Your objective: In the entries below, find the lines that contain the word "then" and copy them.

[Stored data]
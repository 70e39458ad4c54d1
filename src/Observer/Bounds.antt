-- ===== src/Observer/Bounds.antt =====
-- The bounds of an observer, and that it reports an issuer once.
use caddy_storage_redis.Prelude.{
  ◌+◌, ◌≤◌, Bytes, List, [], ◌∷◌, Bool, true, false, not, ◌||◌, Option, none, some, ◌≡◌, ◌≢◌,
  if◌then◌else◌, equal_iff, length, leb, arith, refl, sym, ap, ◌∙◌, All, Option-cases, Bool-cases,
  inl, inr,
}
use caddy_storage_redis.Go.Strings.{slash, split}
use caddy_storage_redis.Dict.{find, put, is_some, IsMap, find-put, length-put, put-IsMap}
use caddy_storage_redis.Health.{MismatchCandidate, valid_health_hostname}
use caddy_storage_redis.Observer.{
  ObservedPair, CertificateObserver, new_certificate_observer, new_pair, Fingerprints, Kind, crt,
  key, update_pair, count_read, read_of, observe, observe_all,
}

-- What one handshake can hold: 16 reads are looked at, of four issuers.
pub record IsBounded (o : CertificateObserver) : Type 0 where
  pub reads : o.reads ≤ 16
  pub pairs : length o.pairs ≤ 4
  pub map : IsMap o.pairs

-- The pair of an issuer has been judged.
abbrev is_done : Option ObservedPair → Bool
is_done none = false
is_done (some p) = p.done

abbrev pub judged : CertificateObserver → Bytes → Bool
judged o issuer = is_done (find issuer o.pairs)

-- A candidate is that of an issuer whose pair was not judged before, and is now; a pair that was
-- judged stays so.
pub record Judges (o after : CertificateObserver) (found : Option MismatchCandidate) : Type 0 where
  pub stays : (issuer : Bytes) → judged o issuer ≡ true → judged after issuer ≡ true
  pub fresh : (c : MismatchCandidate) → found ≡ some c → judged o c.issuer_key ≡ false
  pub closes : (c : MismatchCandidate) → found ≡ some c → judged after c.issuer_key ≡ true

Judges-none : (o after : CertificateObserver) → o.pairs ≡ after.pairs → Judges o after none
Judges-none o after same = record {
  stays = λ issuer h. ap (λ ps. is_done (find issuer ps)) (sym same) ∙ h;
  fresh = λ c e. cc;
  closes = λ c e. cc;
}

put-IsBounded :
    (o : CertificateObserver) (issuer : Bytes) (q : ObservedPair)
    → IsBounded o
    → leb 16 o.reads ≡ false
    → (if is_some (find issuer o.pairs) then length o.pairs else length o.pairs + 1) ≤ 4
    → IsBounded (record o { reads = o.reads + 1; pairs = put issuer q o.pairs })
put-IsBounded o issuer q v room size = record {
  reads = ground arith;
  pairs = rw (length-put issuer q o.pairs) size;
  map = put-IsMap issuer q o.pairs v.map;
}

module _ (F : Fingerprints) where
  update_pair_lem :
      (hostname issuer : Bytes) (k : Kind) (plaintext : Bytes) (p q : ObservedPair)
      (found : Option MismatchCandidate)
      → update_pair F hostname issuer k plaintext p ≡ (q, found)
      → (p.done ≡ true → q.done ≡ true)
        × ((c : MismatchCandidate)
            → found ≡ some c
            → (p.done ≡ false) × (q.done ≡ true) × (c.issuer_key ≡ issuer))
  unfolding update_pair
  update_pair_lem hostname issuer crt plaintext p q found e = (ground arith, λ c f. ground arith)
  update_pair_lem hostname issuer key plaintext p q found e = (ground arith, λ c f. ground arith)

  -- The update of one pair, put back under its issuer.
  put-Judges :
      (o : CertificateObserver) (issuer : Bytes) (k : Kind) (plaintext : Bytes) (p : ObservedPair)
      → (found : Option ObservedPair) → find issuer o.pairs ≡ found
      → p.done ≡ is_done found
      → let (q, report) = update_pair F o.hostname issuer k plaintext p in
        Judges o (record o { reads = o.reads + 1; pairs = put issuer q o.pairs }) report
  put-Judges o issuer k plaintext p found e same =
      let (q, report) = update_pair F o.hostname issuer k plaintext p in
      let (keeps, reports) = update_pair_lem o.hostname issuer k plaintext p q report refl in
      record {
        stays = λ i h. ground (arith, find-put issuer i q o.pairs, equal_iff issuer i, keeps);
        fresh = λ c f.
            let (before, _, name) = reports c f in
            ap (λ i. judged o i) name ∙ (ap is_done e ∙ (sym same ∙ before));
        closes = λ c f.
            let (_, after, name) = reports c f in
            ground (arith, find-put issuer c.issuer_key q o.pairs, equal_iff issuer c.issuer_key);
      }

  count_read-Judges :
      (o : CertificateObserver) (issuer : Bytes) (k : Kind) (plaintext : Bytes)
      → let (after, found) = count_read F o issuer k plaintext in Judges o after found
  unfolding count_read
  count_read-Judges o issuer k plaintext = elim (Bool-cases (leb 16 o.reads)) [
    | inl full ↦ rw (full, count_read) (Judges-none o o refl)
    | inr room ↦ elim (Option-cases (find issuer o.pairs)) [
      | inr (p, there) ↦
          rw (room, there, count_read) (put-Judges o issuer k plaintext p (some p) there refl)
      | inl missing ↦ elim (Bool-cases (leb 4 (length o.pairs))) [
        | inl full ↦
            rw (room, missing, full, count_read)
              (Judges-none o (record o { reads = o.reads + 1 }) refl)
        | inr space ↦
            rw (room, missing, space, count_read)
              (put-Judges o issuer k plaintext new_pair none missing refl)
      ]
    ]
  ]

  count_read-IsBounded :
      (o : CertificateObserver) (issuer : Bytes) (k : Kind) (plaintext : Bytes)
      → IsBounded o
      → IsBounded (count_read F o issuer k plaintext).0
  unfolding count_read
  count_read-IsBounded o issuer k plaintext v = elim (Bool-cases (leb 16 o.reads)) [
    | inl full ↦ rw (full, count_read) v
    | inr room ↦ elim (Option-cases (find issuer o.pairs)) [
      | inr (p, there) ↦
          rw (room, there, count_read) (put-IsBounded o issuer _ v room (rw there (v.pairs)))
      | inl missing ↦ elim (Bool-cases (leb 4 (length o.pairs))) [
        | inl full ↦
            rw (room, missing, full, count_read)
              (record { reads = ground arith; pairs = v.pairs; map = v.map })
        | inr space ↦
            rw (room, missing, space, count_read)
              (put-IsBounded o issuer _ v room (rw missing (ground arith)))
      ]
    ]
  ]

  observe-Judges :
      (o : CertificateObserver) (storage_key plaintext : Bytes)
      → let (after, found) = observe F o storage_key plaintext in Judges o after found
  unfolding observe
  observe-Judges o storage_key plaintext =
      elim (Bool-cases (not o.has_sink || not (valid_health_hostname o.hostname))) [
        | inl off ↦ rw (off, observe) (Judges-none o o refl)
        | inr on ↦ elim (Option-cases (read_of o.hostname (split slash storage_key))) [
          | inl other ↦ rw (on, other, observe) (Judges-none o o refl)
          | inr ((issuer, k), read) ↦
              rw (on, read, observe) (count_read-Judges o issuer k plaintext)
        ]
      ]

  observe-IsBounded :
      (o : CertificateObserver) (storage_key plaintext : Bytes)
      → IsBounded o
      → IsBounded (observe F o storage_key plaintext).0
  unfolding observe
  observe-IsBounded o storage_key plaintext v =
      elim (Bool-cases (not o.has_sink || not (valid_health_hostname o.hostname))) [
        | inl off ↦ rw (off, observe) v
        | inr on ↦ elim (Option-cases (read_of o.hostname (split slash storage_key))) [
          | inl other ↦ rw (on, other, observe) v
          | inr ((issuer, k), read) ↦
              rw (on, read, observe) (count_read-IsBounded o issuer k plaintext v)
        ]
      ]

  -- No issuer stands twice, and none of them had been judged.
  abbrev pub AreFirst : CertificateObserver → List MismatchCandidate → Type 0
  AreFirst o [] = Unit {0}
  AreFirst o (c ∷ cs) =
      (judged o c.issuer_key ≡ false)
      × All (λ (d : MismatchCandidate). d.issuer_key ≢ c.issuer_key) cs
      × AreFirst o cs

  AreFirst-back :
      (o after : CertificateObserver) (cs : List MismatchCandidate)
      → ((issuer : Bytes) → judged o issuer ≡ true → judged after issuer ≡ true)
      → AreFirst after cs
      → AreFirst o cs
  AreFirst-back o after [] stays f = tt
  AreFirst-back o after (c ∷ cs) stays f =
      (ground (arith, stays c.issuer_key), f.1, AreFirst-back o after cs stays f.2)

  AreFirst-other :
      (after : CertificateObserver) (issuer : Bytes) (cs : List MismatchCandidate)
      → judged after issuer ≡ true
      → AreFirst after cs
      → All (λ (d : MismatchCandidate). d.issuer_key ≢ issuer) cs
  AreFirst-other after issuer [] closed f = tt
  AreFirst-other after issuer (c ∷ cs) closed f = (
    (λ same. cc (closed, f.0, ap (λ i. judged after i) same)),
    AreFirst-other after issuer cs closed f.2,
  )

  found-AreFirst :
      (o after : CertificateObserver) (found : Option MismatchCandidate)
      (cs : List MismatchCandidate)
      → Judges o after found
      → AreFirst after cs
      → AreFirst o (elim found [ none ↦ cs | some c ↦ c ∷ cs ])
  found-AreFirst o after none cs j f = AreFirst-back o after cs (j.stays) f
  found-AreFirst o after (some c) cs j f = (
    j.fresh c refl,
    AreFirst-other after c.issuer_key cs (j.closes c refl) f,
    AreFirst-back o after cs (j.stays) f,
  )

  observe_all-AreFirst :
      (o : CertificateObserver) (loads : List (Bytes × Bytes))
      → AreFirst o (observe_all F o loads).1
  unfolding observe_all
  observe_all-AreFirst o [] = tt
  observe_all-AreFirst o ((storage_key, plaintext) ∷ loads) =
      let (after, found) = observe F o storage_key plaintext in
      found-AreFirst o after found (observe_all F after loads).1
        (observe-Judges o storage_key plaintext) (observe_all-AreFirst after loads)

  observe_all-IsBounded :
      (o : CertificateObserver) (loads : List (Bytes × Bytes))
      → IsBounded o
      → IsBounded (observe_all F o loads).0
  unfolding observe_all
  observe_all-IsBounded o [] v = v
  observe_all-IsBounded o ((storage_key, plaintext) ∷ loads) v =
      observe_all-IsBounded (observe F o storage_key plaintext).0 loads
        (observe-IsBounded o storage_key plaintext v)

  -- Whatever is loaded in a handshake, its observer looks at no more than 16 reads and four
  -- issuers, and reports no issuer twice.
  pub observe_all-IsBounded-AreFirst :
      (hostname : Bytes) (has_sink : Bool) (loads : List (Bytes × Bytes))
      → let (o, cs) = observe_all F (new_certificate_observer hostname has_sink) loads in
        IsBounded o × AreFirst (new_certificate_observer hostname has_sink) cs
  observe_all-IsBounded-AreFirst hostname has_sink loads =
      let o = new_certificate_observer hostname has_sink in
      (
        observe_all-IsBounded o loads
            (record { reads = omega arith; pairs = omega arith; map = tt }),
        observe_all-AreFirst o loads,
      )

Solution to this exercise:
  if◌then◌else◌, equal_iff, length, leb, arith, refl, sym, ap, ◌∙◌, All, Option-cases, Bool-cases,
    → (if is_some (find issuer o.pairs) then length o.pairs else length o.pairs + 1) ≤ 4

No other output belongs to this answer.